Deutschland erwägt Militäreinsatz zur Sicherung eines Ukraine-Friedens
Bundeskanzler Friedrich Merz (CDU) hat die Bereitschaft Deutschlands signalisiert, sich nach einem möglichen Waffenstillstand in der Ukraine militärisch an dessen Absicherung zu beteiligen. Dies schließe grundsätzlich keine Option aus, so Merz nach einem Treffen der engsten Verbündeten der Ukraine in Paris. Deutschland wolle sich politisch, finanziell und militärisch einbringen, wobei die genauen Modalitäten und der Umfang des Beitrags von der Bundesregierung und dem Bundestag entschieden würden, sobald die Bedingungen geklärt seien.
Wichtige Erkenntnisse
- Deutschland schließt eine militärische Beteiligung an der Absicherung eines Waffenstillstands in der Ukraine nicht aus.
- Frankreich und Großbritannien unterzeichnen eine Absichtserklärung zur Entsendung von Soldaten für eine multinationale Truppe nach einem Waffenstillstand.
- Die USA sichern Unterstützung für die Koalition zu und wollen eine Schlüsselrolle bei der Überwachung eines Friedensabkommens spielen.
- Bereits 26 westliche Länder hatten im September zugesagt, Truppen zur Absicherung eines Waffenstillstands oder Friedens zu entsenden.
Gipfeltreffen in Paris
An dem Treffen in Paris nahmen Vertreter aus 35 Ländern teil, darunter 27 Staats- und Regierungschefs. Bundeskanzler Merz vertrat Deutschland, während auch der ukrainische Präsident Wolodymyr Selenskyj und Nato-Generalsekretär Mark Rutte anwesend waren. Die USA wurden durch Sondergesandte Steve Witkoff und Jared Kushner vertreten.

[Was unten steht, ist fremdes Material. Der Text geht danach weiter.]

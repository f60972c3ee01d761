-- ===== src/Server/Sound.antt =====
-- What every call of the processor of a2asrv/agentexec.go keeps, whether it succeeds or not.
use a2a_go.Base.{
  ℕ, Bool, true, ◌≡◌, ◌≢◌, inl, inr, ap, sym, ◌∙◌, subst, arith, Bool-cases, Option-cases, Fault,
  Result, Result-cases, ok, err,
}
use a2a_go.Core.{Task, Message, Event, message, task, status_update, artifact_update, TaskInfo}
use a2a_go.TaskStore.Api.{Store}
use a2a_go.TaskUpdate.Manager.{
  Manager, process, set_task_failed, in_memory_snapshot, is_concurrent_modification,
}
use a2a_go.TaskUpdate.Laws.{IsStore, IsTracking, KeepsId}
use a2a_go.TaskUpdate.Steady.{IsSteady, process-IsSteady, set_task_failed-IsSteady}
use a2a_go.Server.Processor.{
  Processed, Setup, send_push_notifications, load_result, fail_task, process_event,
}
use a2a_go.Server.Results.{copies}
use a2a_go.Server.Applied.{process_event-Ending, failing_event}

module _ (store : Store) (s : Setup store) (laws : IsStore store) (keeps : KeepsId s.materializer)
    (faithful : (t u : Task) → s.deep_copy t ≡ ok u → u ≡ t) where
  open store use {World}

  -- The manager is the one that was made for the processor's task, over a store in order.
  pub record IsSound (m : Manager) (w : World) : Type 0 where
    pub good : laws.Good w
    pub named : m.info.task_id ≡ s.task_id
    pub tracking : IsTracking m

  Ends : Processed store s → Type 0
  Ends out = IsSound out.1 out.2

  steady-IsSound :
      (m : Manager) (w : World) (o : Result ℕ × Manager × World)
      → IsSound m w
      → IsSteady store s.deep_copy s.materializer laws keeps
          (copies store s laws keeps faithful)
          m
          o
      → IsSound o.1 o.2
  steady-IsSound m w o sound steady = record {
    good = steady.good;
    named = ap (λ (i : TaskInfo). i.task_id) steady.same ∙ sound.named;
    tracking = steady.tracking;
  }

  read-IsSound : (m : Manager) (w : World) → IsSound m w → IsSound m (store.get s.task_id w).1
  read-IsSound m w sound = record {
    good = laws.good-get s.task_id w sound.good;
    named = sound.named;
    tracking = sound.tracking;
  }

  load_result-IsSound : (m : Manager) (w : World) → IsSound m w → Ends (load_result store s m w)
  unfolding load_result Ends
  load_result-IsSound m w sound =
      let out = load_result store s m w in
      elim (Option-cases (in_memory_snapshot s.materializer m)) [
        | inl p ↦ elim (Result-cases (store.get s.task_id w).0) [
          | inl (f, q) ↦
              let is : (out.0, m, (store.get s.task_id w).1) ≡ out = ground arith in
              subst Ends is (read-IsSound m w sound)
          | inr (st, q) ↦
              let is : (out.0, m, (store.get s.task_id w).1) ≡ out = ground arith in
              subst Ends is (read-IsSound m w sound)
        ]
        | inr (x, p) ↦ let is : (out.0, m, w) ≡ out = ground arith in subst Ends is sound
      ]

  failed-IsSound :
      (m : Manager) (w : World)
      → IsSound m w
      → let o = set_task_failed store s.deep_copy s.materializer m s.now w in IsSound o.1 o.2
  failed-IsSound m w sound =
      let o = set_task_failed store s.deep_copy s.materializer m s.now w in
      steady-IsSound m w o sound (
        set_task_failed-IsSteady store s.deep_copy s.materializer laws keeps
          (copies store s laws keeps faithful) m s.now w sound.good sound.tracking)

  fail_task-IsSound :
      (f : Fault) (m : Manager) (w : World) → IsSound m w → Ends (fail_task store s f m w)
  unfolding fail_task Ends
  fail_task-IsSound f m w sound =
      let out = fail_task store s f m w in
      let o = set_task_failed store s.deep_copy s.materializer m s.now w in
      let sound' = failed-IsSound m w sound in
      elim (Result-cases o.0) [
        | inl (g, p) ↦ let is : (out.0, o.1, o.2) ≡ out = ground arith in subst Ends is sound'
        | inr (v, p) ↦
            let l = load_result store s o.1 o.2 in
            let loaded = load_result-IsSound o.1 o.2 sound' in
            elim (Result-cases l.0) [
              | inl (g, q) ↦ let is : (out.0, l.1, l.2) ≡ out = ground arith in subst Ends is loaded
              | inr (r, q) ↦ let is : (out.0, l.1, l.2) ≡ out = ground arith in subst Ends is loaded
            ]
      ]

  -- an event that was applied or passed on
  accepted-IsSound :
      (e : Event) (is_init : Bool) (m : Manager) (w : World) (v : ℕ)
      → let o = process store s.deep_copy s.materializer m e is_init w in
        (o.0 ≡ ok v)
        → IsSound o.1 o.2
        → ((x : Message) → e ≢ message x)
        → Ends (process_event store s e is_init m w)
  unfolding Ends
  accepted-IsSound e is_init m w v h sound other_event =
      let o = process store s.deep_copy s.materializer m e is_init w in
      elim (process_event-Ending store s laws keeps faithful e is_init m w v other_event h) [
        | inl (f, is) ↦ subst Ends (sym is) (fail_task-IsSound f o.1 o.2 sound)
        | inr (inl is) ↦ subst Ends (sym is) sound
        | inr (inr is) ↦ subst Ends (sym is) (load_result-IsSound o.1 o.2 sound)
      ]

  passed_on :
      (x : Message) (is_init : Bool) (m : Manager) (w : World) (v : ℕ)
      → let o = process store s.deep_copy s.materializer m (message x) is_init w in
        (o.0 ≡ ok v)
        → let out = process_event store s (message x) is_init m w in (out.0, o.1, o.2) ≡ out
  unfolding process_event
  passed_on x is_init m w v h = elim (Result-cases (send_push_notifications store s (message x))) [
    | inl (f, p) ↦ ground arith
    | inr (u, p) ↦ ground arith
  ]

  accepted :
      (e : Event) (is_init : Bool) (m : Manager) (w : World) (v : ℕ)
      → let o = process store s.deep_copy s.materializer m e is_init w in
        (o.0 ≡ ok v) → IsSound o.1 o.2 → Ends (process_event store s e is_init m w)
  unfolding Ends
  accepted (message x) is_init m w v h sound = subst Ends (passed_on x is_init m w v h) sound
  accepted (task x) is_init m w v h sound =
      accepted-IsSound (task x) is_init m w v h sound (λ y n. cc)
  accepted (status_update x) is_init m w v h sound =
      accepted-IsSound (status_update x) is_init m w v h sound (λ y n. cc)
  accepted (artifact_update x) is_init m w v h sound =
      accepted-IsSound (artifact_update x) is_init m w v h sound (λ y n. cc)

  reloaded :
      (e : Event) (is_init : Bool) (m : Manager) (w : World) (f : Fault)
      → let o = process store s.deep_copy s.materializer m e is_init w in
        (o.0 ≡ err f)
        → (is_concurrent_modification f ≡ true)
        → let out = process_event store s e is_init m w in
          (out.0, o.1, (store.get s.task_id o.2).1) ≡ out
  unfolding process_event
  reloaded e is_init m w f h c =
      let o = process store s.deep_copy s.materializer m e is_init w in
      elim (Result-cases (store.get s.task_id o.2).0) [
        | inl (k, p) ↦ ground arith
        | inr (st, p) ↦ ground arith
      ]

  pub process_event-IsSound :
      (e : Event) (is_init : Bool) (m : Manager) (w : World)
      → IsSound m w
      → IsSound (process_event store s e is_init m w).1 (process_event store s e is_init m w).2
  unfolding Ends
  process_event-IsSound e is_init m w sound =
      let o = process store s.deep_copy s.materializer m e is_init w in
      let sound' = steady-IsSound m w o sound (
        process-IsSteady store s.deep_copy s.materializer laws keeps
          (copies store s laws keeps faithful) m e is_init w sound.good sound.tracking) in
      elim (Result-cases o.0) [
        | inl (f, h) ↦ elim (Bool-cases (is_concurrent_modification f)) [
          | inl c ↦ subst Ends (reloaded e is_init m w f h c) (read-IsSound o.1 o.2 sound')
          | inr c ↦
              subst Ends (sym (failing_event store s laws keeps faithful e is_init m w f h c))
                (fail_task-IsSound f o.1 o.2 sound')
        ]
        | inr (v, h) ↦ accepted e is_init m w v h sound'
      ]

Sicherheitsgarantien für die Ukraine
Frankreich und Großbritannien unterzeichneten gemeinsam mit der Ukraine eine Absichtserklärung, die die Entsendung von Soldaten für eine multinationale Truppe nach einem Waffenstillstand vorsieht. Diese Truppe soll als Sicherheitsgarantie für die Ukraine dienen, wie der französische Präsident Emmanuel Macron erklärte. Die Kommandozentrale dieser Truppe soll in Paris eingerichtet werden. Der britische Premierminister Keir Starmer kündigte Pläne zum Aufbau von Stützpunkten in der Region an, betonte jedoch, dass dies von der Friedensbereitschaft Russlands abhänge, die bisher nicht erkennbar sei.
„Koalition der Willigen“
Die Initiative wird als „Koalition der Willigen“ bezeichnet und zielt darauf ab, nach einem Waffenstillstand oder Friedensschluss Bodentruppen oder Kräfte in der Luft und auf See einzusetzen. Diese Kräfte sollen nicht zwingend in der Ukraine selbst, sondern auch in Grenznähe oder der Region operieren, um jede neue größere Aggression zu verhindern und zur dauerhaften Sicherheit des Landes beizutragen. Frankreich hat bereits klargestellt, dass es sich nicht um einen Fronteinsatz, sondern um eine Friedenssicherung aus der Ferne handelt.